* WORK TASK:
Give the lines below again exactly, starting with the line that holds "empty_edge_id : Problem" and going on through the line that holds "-- The loop over the values of a claim.".

* THE DATA:
******************************
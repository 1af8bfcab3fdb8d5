-- ===== src/Sarif/Imported.antt =====
-- The evidence of an imported graph.
use ai_evidence_bom.Prelude.{
  ℕ, ◌+◌, ◌≡◌, subst, List, [], ◌∷◌, All, All-imp, length, is_empty, Bool-cases, Option-cases, inl,
  inr, done, Gives, Result-cases,
}
use ai_evidence_bom.Text.{Text}
use ai_evidence_bom.Text.Order.{text_order}
use ai_evidence_bom.Time.{Instant}
use ai_evidence_bom.Maps.{lookup}
use ai_evidence_bom.Maps.Laws.{All-put, lookup-All}
use ai_evidence_bom.Model.Evidence.{EvidenceSummary, merge_evidence_summary}
use ai_evidence_bom.Model.Graph.{Graph, Node, Edge, field_property}
use ai_evidence_bom.Model.Invariant.{IsClosed, NodeHolds, GraphHolds}
use ai_evidence_bom.Model.Invariant.Claims.{add_field_evidence-holds}
use ai_evidence_bom.Model.Invariant.Resolve.{resolve_field_evidence-holds, canonicalize-holds}
use ai_evidence_bom.Normalize.Builder.Keeping.{edge_or_new-holds, entries_of-holds}
use ai_evidence_bom.Platform.{Platform}
use ai_evidence_bom.Trust
use ai_evidence_bom.Trust.Grants.{IsGranted, IsGranted-IsClosed, merge-IsGranted}
use ai_evidence_bom.Sarif
use ai_evidence_bom.Sarif.{Run, Document, Finding, Outcome, wrap}
use ai_evidence_bom.Sarif.Runs.{Decoded, parse, findings_for_run}
use ai_evidence_bom.Sarif.Counting.{IsObserved, observations}
use ai_evidence_bom.Sarif.Counted.{all_counted}
use ai_evidence_bom.Sarif.Target.{Urls, validate_relative_artifact_uri, find_target}
use ai_evidence_bom.Sarif.Import.{
  Attached, ImportResult, finding_node_or_new, report_finding, attach_finding, attach_findings,
  attach_runs, incoming_graph, import_sarif,
}

module _ (P : EvidenceSummary → Type 0) (closed : IsClosed P) where
  record AttachedHolds (a : Attached) : Type 0 where
    nodes : All (λ e. NodeHolds P e.1) a.nodes
    edges : All (λ e. P e.1.evidence) a.edges

  finding_node_or_new-holds :
      (id : Text) (f : Finding) (m : List (Text × Node))
      → All (λ e. NodeHolds P e.1) m
      → NodeHolds P (finding_node_or_new id f (lookup id m))
  finding_node_or_new-holds id f m h = elim (Option-cases (lookup id m)) [
    | inl e ↦ rw e (record { summary = closed.nothing; claims = tt })
    | inr (n, e) ↦ rw e (lookup-All (λ k (n : Node). NodeHolds P n) id m h e)
  ]

  report_finding-holds :
      (artifact_uri digest : Text) (f : Finding) (n : Node)
      → P f.evidence
      → NodeHolds P n
      → NodeHolds P (report_finding artifact_uri digest f n)
  unfolding report_finding
  report_finding-holds artifact_uri digest f n p h =
      let claim = λ (n : Node) (key value : Text) (h : NodeHolds P n).
        add_field_evidence-holds P closed n field_property key value f.evidence p h in
      let n0 : NodeHolds P (record n { evidence = merge_evidence_summary n.evidence f.evidence }) =
        record { summary = closed.merged n.evidence f.evidence h.summary p; claims = h.claims } in
      let n5 =
        claim _ _ digest
          (claim _ _ artifact_uri (claim _ _ _ (claim _ _ f.level (claim _ _ _ n0)))) in
      elim (Bool-cases (is_empty f.scanner_version)) [
        | inl e ↦ rw e (resolve_field_evidence-holds P closed _ n5)
        | inr e ↦ rw e (resolve_field_evidence-holds P closed _ (claim _ _ f.scanner_version n5))
      ]

  module _ (platform : Platform) (target : Node) (artifact_uri digest : Text) where
    attach_finding-holds :
        (f : Finding) (a : Attached)
        → P f.evidence
        → AttachedHolds a
        → AttachedHolds (attach_finding platform target artifact_uri digest f a)
    unfolding attach_finding
    attach_finding-holds f a p h = record {
      nodes =
          All-put (λ k (n : Node). NodeHolds P n) _ _ a.nodes
            (report_finding-holds artifact_uri digest f _ p
              (finding_node_or_new-holds _ f a.nodes h.nodes))
            h.nodes;
      edges =
          All-put (λ k (e : Edge). P e.evidence) _ _ a.edges
            (closed.merged _ f.evidence (edge_or_new-holds P closed _ target.id _ _ a.edges h.edges)
              p)
            h.edges;
    }

    attach_findings-holds :
        (fs : List Finding) (a : Attached)
        → All (λ f. P f.evidence) fs
        → AttachedHolds a
        → AttachedHolds (attach_findings platform target artifact_uri digest fs a)
    unfolding attach_findings
    attach_findings-holds [] a p h = h
    attach_findings-holds (f ∷ fs) a p h =
        attach_findings-holds fs (attach_finding platform target artifact_uri digest f a) p.1
          (attach_finding-holds f a p.0 h)

    attach_runs-holds :
        ((f : Finding) → IsObserved f → P f.evidence)
        → (sarif_uri : Text) (observed_at : Instant) (index : ℕ) (runs : List Run) (a : Attached)
        → AttachedHolds a
        → Gives AttachedHolds
            (attach_runs platform target artifact_uri digest sarif_uri observed_at index runs a)
    unfolding attach_runs
    attach_runs-holds weak sarif_uri observed_at index [] a h = h
    attach_runs-holds weak sarif_uri observed_at index (run ∷ runs) a h =
        elim (Result-cases (findings_for_run run sarif_uri observed_at)) [
          | inl (error, e) ↦ rw (e, attach_runs) tt
          | inr (found, e) ↦
              let counted =
                subst
                  (Gives (λ r. (observations r.0 + r.1 ≡ length run.results) × All IsObserved r.0))
                  e (all_counted run sarif_uri observed_at) in
              rw (e, attach_runs)
                (attach_runs-holds weak sarif_uri observed_at (index + 1) runs _ (
                  attach_findings-holds found.0 _
                    (All-imp IsObserved (λ f. P f.evidence) found.0 weak counted.1)
                    (record { nodes = h.nodes; edges = h.edges })))
        ]

  incoming_graph-holds :
      (source : Text) (observed_at : Instant) (a : Attached)
      → AttachedHolds a
      → GraphHolds P (incoming_graph source observed_at a)
  unfolding incoming_graph
  incoming_graph-holds source observed_at a h = canonicalize-holds P closed _ (record {
    nodes = entries_of-holds (NodeHolds P) a.nodes h.nodes;
    edges = entries_of-holds (λ (e : Edge). P e.evidence) a.edges h.edges;
  })

module _ (policy : Trust.Policy) (platform : Platform) (urls : Urls) (decode : List ℕ → Decoded)
    (graph : Graph) (bytes : List ℕ) (artifact_uri sarif_uri digest : Text) (observed_at : Instant)
    (granted : GraphHolds (IsGranted policy) graph) where
  abbrev the_import : Outcome ImportResult
  the_import =
      import_sarif platform urls decode graph bytes artifact_uri sarif_uri digest observed_at

  abbrev nothing_attached : Attached
  nothing_attached = record { nodes = []; edges = []; skipped = 0 }

  imported : Gives (λ r. GraphHolds (IsGranted policy) r.graph) the_import
  unfolding import_sarif
  imported =
      let P = IsGranted policy in
      let closed = IsGranted-IsClosed policy in
      let name = Sarif.sarif_artifact_uri_name in
      elim (Result-cases (find_target urls graph artifact_uri digest)) [
        | inl (error, e) ↦ rw (e, import_sarif) tt
        | inr (target, e) ↦
            elim (Result-cases (validate_relative_artifact_uri urls name sarif_uri)) [
              | inl (error, f) ↦ rw (e, f, import_sarif) tt
              | inr (u, f) ↦ elim (Result-cases (parse decode bytes)) [
                | inl (error, g) ↦ rw (e, f, g, import_sarif) tt
                | inr (document, g) ↦
                    let runs =
                      attach_runs platform target artifact_uri digest sarif_uri observed_at 0
                        document.runs nothing_attached in
                    let held =
                      attach_runs-holds P closed platform target artifact_uri digest (λ f o. inl o)
                        sarif_uri observed_at 0 document.runs nothing_attached
                        (record { nodes = tt; edges = tt }) in
                    elim (Result-cases runs) [
                      | inl (error, k) ↦ rw (e, f, g, k, import_sarif) tt
                      | inr (a, k) ↦
                          rw (e, f, g, k, import_sarif)
                            (merge-IsGranted policy graph
                              (incoming_graph graph.source observed_at a) observed_at granted
                              (incoming_graph-holds P closed graph.source observed_at a
                                (subst (Gives (AttachedHolds P closed)) k held)))
                    ]
              ]
            ]
      ]

  -- Importing scanner findings into a graph whose evidence is at most observed or granted by a rule
  -- for one of its sources gives such a graph.
  pub import_sarif-IsGranted :
      (r : ImportResult) → the_import ≡ done r → GraphHolds (IsGranted policy) r.graph
  import_sarif-IsGranted r h = subst (Gives (λ r. GraphHolds (IsGranted policy) r.graph)) h imported
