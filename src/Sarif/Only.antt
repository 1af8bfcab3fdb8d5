-- ===== src/Sarif/Only.antt =====
-- The component that `findTarget` finds.
use ai_evidence_bom.Prelude.{
  ℕ, ◌≡◌, ◌↔◌, refl, sym, ◌∙◌, ap, subst, Bool, true, false, List, [], ◌∷◌, ◌++◌, All,
  if◌then◌else◌, done, arith, inl, inr, Bool-cases, All-imp,
}
use mathlib.Core.List.{append_assoc, append-nil}
use ai_evidence_bom.Text.{Text}
use ai_evidence_bom.Text.Order.{text_order}
use ai_evidence_bom.SourceAuth.{is_digest}
use ai_evidence_bom.Model.Graph.{Graph, Node}
use ai_evidence_bom.Sarif
use ai_evidence_bom.Sarif.Target.{
  Urls, Matches, match_node, match_nodes, only_match, find_target, validate_relative_artifact_uri,
}
use ai_evidence_bom.Sarif.Exact.{is_bound, IsTarget, bound-IsTarget, target-is_bound}

-- Exactly one node of the list has the property.
pub record IsOnly (P : Node → Type 0) (node : Node) (nodes : List Node) : Type 0 where
  pub before : List Node
  pub after : List Node
  pub split : nodes ≡ before ++ node ∷ after
  pub passes : P node
  pub none_before : All (λ n. ¬ P n) before
  pub none_after : All (λ n. ¬ P n) after

IsOnly-imp :
    {P Q : Node → Type 0} {node : Node} {nodes : List Node}
    → ((n : Node) → P n ↔ Q n)
    → IsOnly P node nodes
    → IsOnly Q node nodes
IsOnly-imp {P} {Q} {node} same h = record {
  before = h.before;
  after = h.after;
  split = h.split;
  passes = (same node).0 h.passes;
  none_before =
      All-imp (λ n. ¬ P n) (λ n. ¬ Q n) h.before (λ n no q. no ((same n).1 q)) h.none_before;
  none_after = All-imp (λ n. ¬ P n) (λ n. ¬ Q n) h.after (λ n no q. no ((same n).1 q)) h.none_after;
}

module _ (p : Node → Bool) where
  abbrev kept : List Node → List Node
  kept [] = []
  kept (n ∷ ns) = let rest = kept ns in if p n then n ∷ rest else rest

  failing : (n : Node) → p n ≡ false → ¬ (p n ≡ true)
  failing n e h = ground arith

  none_pass : (ns : List Node) → All (λ n. p n ≡ false) ns → All (λ n. ¬ (p n ≡ true)) ns
  none_pass ns h = All-imp (λ n. p n ≡ false) (λ n. ¬ (p n ≡ true)) ns failing h

  none_passes : (ns : List Node) → All (λ n. ¬ (p n ≡ true)) ns → All (λ n. p n ≡ false) ns
  none_passes ns h = All-imp (λ n. ¬ (p n ≡ true)) (λ n. p n ≡ false) ns (λ n e. ground arith) h

  kept-none : (ns : List Node) → kept ns ≡ [] → All (λ n. p n ≡ false) ns
  kept-none [] h = tt
  kept-none (n ∷ ns) h = elim (Bool-cases (p n)) [
    | inl e ↦ absurd (ground (arith, e, h))
    | inr e ↦ (e, kept-none ns (ground (arith, e, h)))
  ]

  kept-nothing : (ns : List Node) → All (λ n. p n ≡ false) ns → kept ns ≡ []
  kept-nothing [] h = refl
  kept-nothing (n ∷ ns) h = rw h.0 (kept-nothing ns h.1)

  IsOnly-of-kept :
      (node : Node) (ns : List Node) → kept ns ≡ node ∷ [] → IsOnly (λ n. p n ≡ true) node ns
  IsOnly-of-kept node [] h = cc
  IsOnly-of-kept node (n ∷ ns) h = elim (Bool-cases (p n)) [
    | inl e ↦
        let same : n ≡ node = ground (arith, e, h) in
        let rest : kept ns ≡ [] = ground (arith, e, h) in
        record {
          before = [];
          after = ns;
          split = ap (λ m. m ∷ ns) same;
          passes = subst (λ m. p m ≡ true) same e;
          none_before = tt;
          none_after = none_pass ns (kept-none ns rest);
        }
    | inr e ↦
        let only = IsOnly-of-kept node ns (ground (arith, e, h)) in
        record {
          before = n ∷ only.before;
          after = only.after;
          split = ap (λ ms. n ∷ ms) only.split;
          passes = only.passes;
          none_before = (failing n e, only.none_before);
          none_after = only.none_after;
        }
  ]

  kept-append :
      (node : Node) (before after : List Node)
      → p node ≡ true
      → All (λ n. p n ≡ false) before
      → All (λ n. p n ≡ false) after
      → kept (before ++ node ∷ after) ≡ node ∷ []
  kept-append node [] after h b a = rw h (ap (λ ms. node ∷ ms) (kept-nothing after a))
  kept-append node (n ∷ before) after h b a = rw b.0 (kept-append node before after h b.1 a)

module _ (artifact_uri digest : Text) where
  exact-match_nodes :
      (ns : List Node) (m : Matches)
      → (match_nodes artifact_uri digest ns m).exact
        ≡ m.exact ++ kept (is_bound artifact_uri digest) ns
  unfolding match_nodes match_node
  exact-match_nodes [] m = sym (append-nil m.exact)
  exact-match_nodes (n ∷ ns) m = ground (
    arith,
    exact-match_nodes ns (match_node artifact_uri digest n m),
    append_assoc m.exact (n ∷ []) (kept (is_bound artifact_uri digest) ns),
  )

  only_match_iff :
      (exact : List Node) (count : ℕ) (node : Node)
      → (only_match exact count ≡ done node) ↔ (exact ≡ node ∷ [])
  unfolding only_match
  only_match_iff [] count node = ground arith
  only_match_iff (a ∷ []) count node = ground arith
  only_match_iff (a ∷ b ∷ ns) count node = ground arith

-- Where the URI is a clean relative one and the digest has 64 lowercase hexadecimal characters,
-- `findTarget` returns a node exactly where it is the only node of the graph that is no finding, has
-- the URI and the digest, and has at most one claim about either of them, which has no conflict, and
-- the URI or the digest as its selected and only value.
pub find_target_iff :
    (urls : Urls) (graph : Graph) (artifact_uri digest : Text) (node : Node)
    → validate_relative_artifact_uri urls Sarif.artifact_uri_name artifact_uri ≡ done tt
    → is_digest digest ≡ true
    → (find_target urls graph artifact_uri digest ≡ done node)
      ↔ IsOnly (IsTarget artifact_uri digest) node graph.nodes
unfolding find_target
find_target_iff urls graph artifact_uri digest node valid hex =
    let p = is_bound artifact_uri digest in
    let to = bound-IsTarget artifact_uri digest in
    let from = target-is_bound artifact_uri digest in
    let nothing : Matches = record { uri_matches = 0; exact = [] } in
    let m = match_nodes artifact_uri digest graph.nodes nothing in
    let exact = exact-match_nodes artifact_uri digest graph.nodes nothing in
    let (only, back) = only_match_iff artifact_uri digest m.exact m.uri_matches node in
    rw (valid, hex, find_target)
      (
        λ h.
            IsOnly-imp (λ n. (to n, from n))
              (IsOnly-of-kept p node graph.nodes (sym exact ∙ only h)),
        λ w.
            let h = IsOnly-imp (λ n. (from n, to n)) w in
            back (
              exact
              ∙ ap (kept p) h.split
              ∙ kept-append p node h.before h.after h.passes (none_passes p h.before h.none_before)
                  (none_passes p h.after h.none_after)),
      )
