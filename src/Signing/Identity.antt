-- ===== src/Signing/Identity.antt =====
-- internal/signing/signing.go: `validateGraphIdentity` and `validateFieldEvidence`.
use ai_evidence_bom.Prelude.{
  Bool, true, false, not, ◌&&◌, ◌||◌, List, [], ◌∷◌, ◌++◌, Option, none, some, if◌then◌else◌,
  is_empty, length, all, ◌==◌,
}
use ai_evidence_bom.Text.{Text, codes, text_eq, trim_space}
use ai_evidence_bom.Text.Order.{text_order}
use ai_evidence_bom.Maps.{lookup, put, elem, add}
use ai_evidence_bom.Platform.{read_text}
use ai_evidence_bom.Model.Level.{EvidenceLevel, valid}
use ai_evidence_bom.Model.Texts.{collect}
use ai_evidence_bom.Model.Graph.{
  Graph, Node, Edge, FieldEvidence, FieldValueEvidence, field_version, field_digest, field_property,
}
use ai_evidence_bom.Model.FieldKey.{FieldKey, claim_key, field_key_order}
use ai_evidence_bom.Model.Resolve.{resolve_field_evidence, values_of}

-- The errors on the claims of a node. The first argument of most is the name of the claim.
pub data ClaimProblem : Type 0 where
  surrounding_whitespace : ClaimProblem
  version_with_key : ClaimProblem
  no_key : Text → ClaimProblem
  unsupported_field : Text → ClaimProblem
  duplicate_claim : Text → ClaimProblem
  no_values : Text → ClaimProblem
  untrimmed_value : Text → ClaimProblem
  duplicate_value : Text → Text → ClaimProblem
  invalid_level : Text → Text → EvidenceLevel → ClaimProblem
  cannot_copy : ClaimProblem
  inconsistent_selection : Text → ClaimProblem
  inconsistent_version : Text → ClaimProblem
  inconsistent_digests : Text → ClaimProblem
  inconsistent_properties : Text → ClaimProblem

pub data Problem : Type 0 where
  empty_node_id : Problem
  duplicate_node_id : Text → Problem
  invalid_claims : Text → ClaimProblem → Problem
  empty_edge_id : Problem
  duplicate_edge_id : Text → Problem

unfoldable pub field_evidence_name : (field key : Text) → Text
field_evidence_name field key = if is_empty key then field else field ++ codes ":" ++ key

-- `left` and `right` trimmed, as sets: as many, and each of the first in the second.
unfoldable pub same_string_set : (left right : List Text) → Bool
same_string_set left right =
    let left_set = collect left [] in
    let right_set = collect right [] in
    length left_set == length right_set && all (λ value. elem value right_set) left_set

-- The loop over the values of a claim.
unfoldable pub validate_values :
    (name : Text) (seen : List Text) → List FieldValueEvidence → Option ClaimProblem
validate_values name seen [] = none
validate_values name seen (v ∷ vs) =
    let rest = validate_values name (add v.value seen) vs in
    if is_empty v.value || not (text_eq v.value (trim_space v.value))
    then some (untrimmed_value name)
    else if elem v.value seen
    then some (duplicate_value name v.value)
    else if not (valid v.evidence.level)
    then some (invalid_level name v.value v.evidence.level)
    else rest

-- The `switch` on the field of a claim.
unfoldable pub validate_field : FieldEvidence → Option ClaimProblem
validate_field claim =
    if text_eq claim.field field_version
    then if not (is_empty claim.key) then some version_with_key else none
    else if text_eq claim.field field_digest || text_eq claim.field field_property
    then if is_empty claim.key then some (no_key claim.field) else none
    else some (unsupported_field claim.field)

-- The first check that fails.
abbrev pub or_problem {ℓ} : {A : Type ℓ} → Option A → Option A → Option A
or_problem none next = next
or_problem (some problem) next = some problem

-- The body of the first loop over the claims, but for the set of seen fields.
unfoldable pub validate_claim : (seen : List FieldKey) → FieldEvidence → Option ClaimProblem
unfolding validate_values validate_field field_evidence_name
validate_claim seen claim =
    let name = field_evidence_name claim.field claim.key in
    if not (text_eq claim.field (trim_space claim.field))
      || not (text_eq claim.key (trim_space claim.key))
    then some surrounding_whitespace
    else or_problem (validate_field claim) (
        if elem (claim_key claim) seen
        then some (duplicate_claim name)
        else if is_empty claim.values
        then some (no_values name)
        else validate_values name [] claim.values)

unfoldable pub validate_claims : (seen : List FieldKey) → List FieldEvidence → Option ClaimProblem
validate_claims seen [] = none
validate_claims seen (claim ∷ claims) =
    or_problem (validate_claim seen claim) (validate_claims (add (claim_key claim) seen) claims)

-- `resolvedClaims`.
unfoldable pub index_claims :
    List FieldEvidence → List (FieldKey × FieldEvidence) → List (FieldKey × FieldEvidence)
index_claims [] index = index
index_claims (claim ∷ claims) index = index_claims claims (put (claim_key claim) claim index)

-- The zero value for a missing key.
abbrev pub read_claim : Option FieldEvidence → FieldEvidence
read_claim none = record {
  field = [];
  key = [];
  selected_value = [];
  conflict = false;
  values = [];
}
read_claim (some claim) = claim

abbrev pub bool_eq : Bool → Bool → Bool
bool_eq true b = b
bool_eq false b = not b

-- The body of the second loop: what is stored agrees with what the claims resolve to.
unfoldable pub check_claim : Node → (expected : FieldEvidence) → FieldEvidence → Option ClaimProblem
unfolding same_string_set
check_claim node expected claim =
    let name = field_evidence_name claim.field claim.key in
    if not (text_eq claim.selected_value expected.selected_value)
      || not (bool_eq claim.conflict expected.conflict)
    then some (inconsistent_selection name)
    else if text_eq claim.field field_version
    then if not (text_eq node.version expected.selected_value)
        || not (same_string_set node.observed_versions (values_of expected.values))
      then some (inconsistent_version name)
      else none
    else if text_eq claim.field field_digest
    then if not (text_eq (read_text (lookup claim.key node.digests)) expected.selected_value)
      then some (inconsistent_digests name)
      else none
    else if text_eq claim.field field_property
    then if not (text_eq (read_text (lookup claim.key node.properties)) expected.selected_value)
      then some (inconsistent_properties name)
      else none
    else none

unfoldable pub check_claims :
    Node → List (FieldKey × FieldEvidence) → List FieldEvidence → Option ClaimProblem
check_claims node index [] = none
check_claims node index (claim ∷ claims) =
    or_problem (check_claim node (read_claim (lookup (claim_key claim) index)) claim)
      (check_claims node index claims)

unfoldable pub validate_edges : (seen : List Text) → List Edge → Option Problem
validate_edges seen [] = none
validate_edges seen (edge ∷ edges) =
    let rest = validate_edges (add edge.id seen) edges in
    if is_empty edge.id
    then some empty_edge_id
    else if elem edge.id seen
    then some (duplicate_edge_id edge.id)
    else rest

module _ (copy_node : Node → Option Node) where
  -- `validateFieldEvidence`. `copy_node` encodes a node as JSON and decodes it.
  unfoldable pub validate_field_evidence : Node → Option ClaimProblem
  validate_field_evidence node =
      if is_empty node.field_evidence
      then none
      else or_problem (validate_claims [] node.field_evidence) (elim (copy_node node) [
        | none ↦ some cannot_copy
        | some copy ↦
            check_claims node (index_claims (resolve_field_evidence copy).field_evidence [])
              node.field_evidence
      ])

  unfoldable pub validate_nodes : (seen : List Text) → List Node → Option Problem
  validate_nodes seen [] = none
  validate_nodes seen (node ∷ nodes) =
      let rest = validate_nodes (add node.id seen) nodes in
      if is_empty node.id
      then some empty_node_id
      else if elem node.id seen
      then some (duplicate_node_id node.id)
      else elim (validate_field_evidence node) [
        | some problem ↦ some (invalid_claims node.id problem)
        | none ↦ rest
      ]

  unfoldable pub validate_graph_identity : Graph → Option Problem
  unfolding validate_nodes validate_edges
  validate_graph_identity graph =
      or_problem (validate_nodes [] graph.nodes) (validate_edges [] graph.edges)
******************************
* PROBLEM SOLUTION:
  empty_edge_id : Problem
  duplicate_edge_id : Text → Problem

unfoldable pub field_evidence_name : (field key : Text) → Text
field_evidence_name field key = if is_empty key then field else field ++ codes ":" ++ key

-- `left` and `right` trimmed, as sets: as many, and each of the first in the second.
unfoldable pub same_string_set : (left right : List Text) → Bool
same_string_set left right =
    let left_set = collect left [] in
    let right_set = collect right [] in
    length left_set == length right_set && all (λ value. elem value right_set) left_set

-- The loop over the values of a claim.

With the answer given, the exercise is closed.